Excerpted records:
——
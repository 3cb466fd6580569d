-- ===== src/IniReader/Meaning.antt =====
-- What one line of the configuration file does to `INIReader` of src/cIniReader.cpp.
use mathlib.Core.Bool.{false≢true}
use pquery.Prelude.{
  ℕ, ◌+◌, Bool, true, false, [], ◌∷◌, ◌++◌, ◌≡◌, ◌⊎◌, ◌↔◌, refl, sym, ap, ◌∙◌, Option, none, some,
  arith, inl, inr, Bytes, All, is_empty, is_space, Bool-cases, Option-cases,
}
use pquery.IniReader.Words.{skip_ws-append}
use pquery.IniReader.Line.{
  skip_ws, comment_at, is_blank_line, is_comment, try_parse_section, try_parse_key_value,
}
use pquery.IniReader.Reader.{Reading, malformed, read_assignment, read_content, read_line}
use pquery.IniReader.Syntax.{Space, SectionLine, CommentLine, KeyValueLine}
use pquery.IniReader.Assignments.{try_parse_key_value_iff}
use pquery.IniReader.Headers.{is_blank_line_iff, is_comment_iff, try_parse_section_iff}

pub data Meaning : Type 0 where
  skipped : Meaning
  header : Bytes → Meaning
  assignment : Bytes → Bytes → Meaning
  bad : Meaning

pub record IsBad (line : Bytes) : Type 0 where
  pub not_blank : ¬ All Space line
  pub not_comment : ¬ CommentLine line
  pub no_section : (name : Bytes) → ¬ SectionLine line name
  pub no_assignment : (key value : Bytes) → ¬ KeyValueLine line key value

-- The meaning of a line. What is a comment is no assignment, also with an "=" in it.
pub data Means (line : Bytes) : Meaning → Type 0 where
  blank : All Space line → Means line skipped
  comment : CommentLine line → Means line skipped
  section_line : {name : Bytes} → SectionLine line name → Means line (header name)
  key_value :
      {key value : Bytes}
      → (¬ CommentLine line)
      → ((name : Bytes) → ¬ SectionLine line name)
      → KeyValueLine line key value
      → Means line (assignment key value)
  malformed_line : IsBad line → Means line bad

-- The change of the state, once the line is counted.
abbrev pub apply : Meaning → Reading → Reading
apply skipped r = r
apply (header name) r = record r {
  current_section = name;
  reader = record r.reader { sections = r.reader.sections ++ name ∷ [] };
}
apply (assignment key value) r = read_assignment (some (key, value)) r
apply bad r = malformed r

abbrev pub counted : Reading → Reading
counted r = record r { line_no = r.line_no + 1 }

refuted : {A : Type 0} (b : Bool) → (b ≡ true) ↔ A → ¬ A → b ≡ false
refuted true h n = absurd (n (h.0 refl))
refuted false h n = refl

not_of : {A : Type 0} (b : Bool) → (b ≡ true) ↔ A → b ≡ false → ¬ A
not_of b h e a = false≢true (sym e ∙ h.1 a)

none_of : {A B : Type 0} (o : Option A) (a : A) → (o ≡ some a) ↔ B → o ≡ none → ¬ B
none_of o a h e b = let x : none ≡ some a = sym e ∙ h.1 b in cc

nil_is_blank : (line : Bytes) → is_empty line ≡ true → All Space line
nil_is_blank [] h = tt
nil_is_blank (c ∷ line) h = cc

not_empty : (line : Bytes) → (¬ All Space line) → is_empty line ≡ false
not_empty line b = elim (Bool-cases (is_empty line)) [
  | inl e ↦ absurd (b (nil_is_blank line e))
  | inr e ↦ e
]

-- Every line has a meaning.
rest_has_meaning :
    (line : Bytes)
    → (¬ All Space line)
    → (¬ CommentLine line)
    → ((name : Bytes) → ¬ SectionLine line name)
    → (m : Meaning) × Means line m
rest_has_meaning line b c s = elim (Option-cases (try_parse_key_value line)) [
  | inl n ↦ (
    bad,
    malformed_line (record {
      not_blank = b;
      not_comment = c;
      no_section = s;
      no_assignment =
          λ key value. none_of _ (key, value) (try_parse_key_value_iff line key value) n;
    }),
  )
  | inr (kv, n) ↦
      (assignment kv.0 kv.1, key_value c s ((try_parse_key_value_iff line kv.0 kv.1).0 n))
]

content_has_meaning :
    (line : Bytes) → (¬ All Space line) → (¬ CommentLine line) → (m : Meaning) × Means line m
content_has_meaning line b c = elim (Option-cases (try_parse_section line)) [
  | inl n ↦ rest_has_meaning line b c (λ name. none_of _ name (try_parse_section_iff line name) n)
  | inr (name, n) ↦ (header name, section_line ((try_parse_section_iff line name).0 n))
]

pub line_has_meaning : (line : Bytes) → (m : Meaning) × Means line m
line_has_meaning line = elim (Bool-cases (is_blank_line line)) [
  | inl b ↦ (skipped, blank ((is_blank_line_iff line).0 b))
  | inr b ↦ elim (Bool-cases (is_comment line)) [
    | inl c ↦ (skipped, comment ((is_comment_iff line).0 c))
    | inr c ↦
        content_has_meaning line (not_of _ (is_blank_line_iff line) b)
          (not_of _ (is_comment_iff line) c)
  ]
]

-- A line that is neither blank nor a comment is parsed.
read_line_parses :
    (line : Bytes) (r : Reading)
    → (¬ All Space line)
    → (¬ CommentLine line)
    → read_line line r ≡ read_content (try_parse_section line) line (counted r)
unfolding read_line
read_line_parses line r b c =
    rw (not_empty line b, refuted _ (is_blank_line_iff line) b, refuted _ (is_comment_iff line) c)

-- A line with a first character that is no white space.
starts_at :
    (line indent : Bytes) (c : ℕ) (s : Bytes)
    → line ≡ indent ++ c ∷ s
    → All Space indent
    → is_space c ≡ false
    → skip_ws line ≡ c ∷ s
starts_at line indent c s e h k = ap skip_ws e ∙ skip_ws-append indent (c ∷ s) h k

not_blank_at : (line : Bytes) (c : ℕ) (s : Bytes) → skip_ws line ≡ c ∷ s → ¬ All Space line
unfolding is_blank_line
not_blank_at line c s e h = false≢true (ap is_empty (sym e) ∙ (is_blank_line_iff line).1 h)

pub section_is_content :
    (line : Bytes) {name : Bytes}
    → SectionLine line name
    → (¬ All Space line) × (¬ CommentLine line)
unfolding is_comment is_space
section_is_content line {name} l =
    let first = starts_at line l.indent b'[' (name ++ b']' ∷ []) l.splits l.indent_space refl in
    (
      not_blank_at line _ _ first,
      λ c. false≢true (ap comment_at (sym first) ∙ (is_comment_iff line).1 c),
    )

pub key_value_not_blank :
    (line : Bytes) (key : Bytes) {value : Bytes} → KeyValueLine line key value → ¬ All Space line
key_value_not_blank line [] l = λ _. l.is_key
key_value_not_blank line (c ∷ key) l =
    not_blank_at line c _ (starts_at line l.indent c _ l.splits l.indent_space l.is_key.0)

skips :
    (line : Bytes) (r : Reading)
    → (is_blank_line line ≡ true) ⊎ (is_comment line ≡ true)
    → read_line line r ≡ counted r
unfolding read_line
skips line r h = ground arith

some_refuted : {A : Type 0} (o : Option A) → ((a : A) → ¬ (o ≡ some a)) → o ≡ none
some_refuted none h = refl
some_refuted (some a) h = absurd (h a refl)

no_section_found :
    (line : Bytes) → ((name : Bytes) → ¬ SectionLine line name) → try_parse_section line ≡ none
no_section_found line h = some_refuted _ (λ name e. h name ((try_parse_section_iff line name).0 e))

-- The code does to its state what the line means.
pub read_line-Means :
    (line : Bytes) (r : Reading) {m : Meaning}
    → Means line m
    → read_line line r ≡ apply m (counted r)
unfolding read_content
read_line-Means line r (blank h) = skips line r (inl ((is_blank_line_iff line).1 h))
read_line-Means line r (comment c) = skips line r (inr ((is_comment_iff line).1 c))
read_line-Means line r (section_line {name} l) =
    let (b, c) = section_is_content line l in
    read_line_parses line r b c
    ∙ ap (λ o. read_content o line (counted r)) ((try_parse_section_iff line name).1 l)
read_line-Means line r (key_value {key} {value} c s l) =
    read_line_parses line r (key_value_not_blank line key l) c
    ∙ ap (λ o. read_content o line (counted r)) (no_section_found line s)
    ∙ ap (λ o. read_assignment o (counted r)) ((try_parse_key_value_iff line key value).1 l)
read_line-Means line r (malformed_line b) =
    read_line_parses line r b.not_blank b.not_comment
    ∙ ap (λ o. read_content o line (counted r)) (no_section_found line b.no_section)
    ∙ ap (λ o. read_assignment o (counted r))
        (some_refuted _
          (λ kv e. b.no_assignment kv.0 kv.1 ((try_parse_key_value_iff line kv.0 kv.1).0 e)))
——
Exercise description: Scan the material above for lines that contain the string "does", and copy each such line.

Answer space:
-- What one line of the configuration file does to `INIReader` of src/cIniReader.cpp.
-- The code does to its state what the line means.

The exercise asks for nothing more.